### What you have to do
How many separate lines of the data contain "oversell"? Give the count and nothing else.

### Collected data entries
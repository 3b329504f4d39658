-- ===== src/Examples/Ledgers.antt =====
-- Ledgers: buys, sells, a same-day sell before its buy, an oversold one.
use portfolio_dashboard.Prelude.{ℕ, ◌*◌, ◌≡◌, refl, false, none, some, List, [], ◌∷◌}
use portfolio_dashboard.Prelude.Sort.{sort}
use portfolio_dashboard.Clock.{day_length, utc_date}
use portfolio_dashboard.Errors.{oversell}
use portfolio_dashboard.Double.{nought, amount_cents, cents_to_money}
use portfolio_dashboard.Domain.{TxnType, Transaction, is_sell}
use portfolio_dashboard.Ledger.{
  start, replays_before, replay_order, apply_type, apply_event, replay, position_of,
  recompute_position,
}
use portfolio_dashboard.Ledger.Shares.{recompute_position_nonneg}
use portfolio_dashboard.Ledger.Plain.{recompute_position-covered, plain_replay}
use portfolio_dashboard.Ledger.Dividends.{recompute_position-total_dividends, total_cents}
use portfolio_dashboard.Examples.Whole.{ℤ, pos, whole_double, Whole-IsSigned}

-- An event of day `day`, entered as the `id`-th.
abbrev pub event : ℕ → TxnType → ℕ → ℤ → ℤ → Transaction ℤ
event id type day quantity amount = record {
  id = id;
  user_id = 7;
  holding_id = 1;
  type = type;
  date = day * day_length;
  quantity = quantity;
  amount = amount;
  ratio = pos 2;
  realized_seed = pos 0;
  opening_date = none;
  currency = "INR";
  import_meta = none;
  notes = "";
  created_at = id;
  updated_at = id;
}

abbrev pub bought : Transaction ℤ
bought = event 1 TxnType.buy 10 (pos 10) (pos 1000)

abbrev pub sold : Transaction ℤ
sold = event 2 TxnType.sell 20 (pos 4) (pos 600)

abbrev pub paid : Transaction ℤ
paid = event 3 TxnType.dividend 15 (pos 0) (pos 50)

abbrev halved : Transaction ℤ
halved = event 4 TxnType.split 16 (pos 0) (pos 0)

abbrev sold_first : Transaction ℤ
sold_first = event 5 TxnType.sell 10 (pos 3) (pos 300)

abbrev trades : List (Transaction ℤ)
trades = sold ∷ paid ∷ halved ∷ bought ∷ []

-- After the split 20 shares cost 1000, so four of them cost 200.
trades_position : recompute_position trades ≡ (
  record {
    stocks_owned = pos 16;
    avg_cost_price = pos 50;
    realized_pnl = pos 400;
    total_dividends = pos 50;
  },
  none,
)
unfolding recompute_position replay_order sort replays_before replay cents_to_money apply_event
    apply_type is_sell amount_cents utc_date
trades_position = refl

-- A sell waits for the buy of its own day.
same_day :
    (recompute_position (sold_first ∷ event 6 TxnType.buy 10 (pos 3) (pos 270) ∷ [])).1 ≡ none
unfolding recompute_position replay_order sort replays_before replay cents_to_money apply_event
    apply_type is_sell utc_date
same_day = refl

-- But not for a later one.
oversold_day :
    (recompute_position (sold_first ∷ event 6 TxnType.buy 11 (pos 3) (pos 270) ∷ [])).1
    ≡ some oversell
unfolding recompute_position replay_order sort replays_before replay cents_to_money apply_event
    apply_type is_sell utc_date
oversold_day = refl

recompute_position-covered_example :
    recompute_position trades ≡ (position_of (plain_replay (replay_order trades) start), none)
unfolding replay_order sort replays_before apply_event apply_type is_sell
recompute_position-covered_example = recompute_position-covered trades refl

recompute_position-total_dividends_example :
    (recompute_position trades).0.total_dividends ≡ cents_to_money (total_cents trades)
recompute_position-total_dividends_example = recompute_position-total_dividends trades

recompute_position_nonneg_example :
    whole_double.lt (recompute_position (sold_first ∷ [])).0.stocks_owned nought ≡ false
recompute_position_nonneg_example = recompute_position_nonneg Whole-IsSigned (sold_first ∷ [])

### Solved problem
2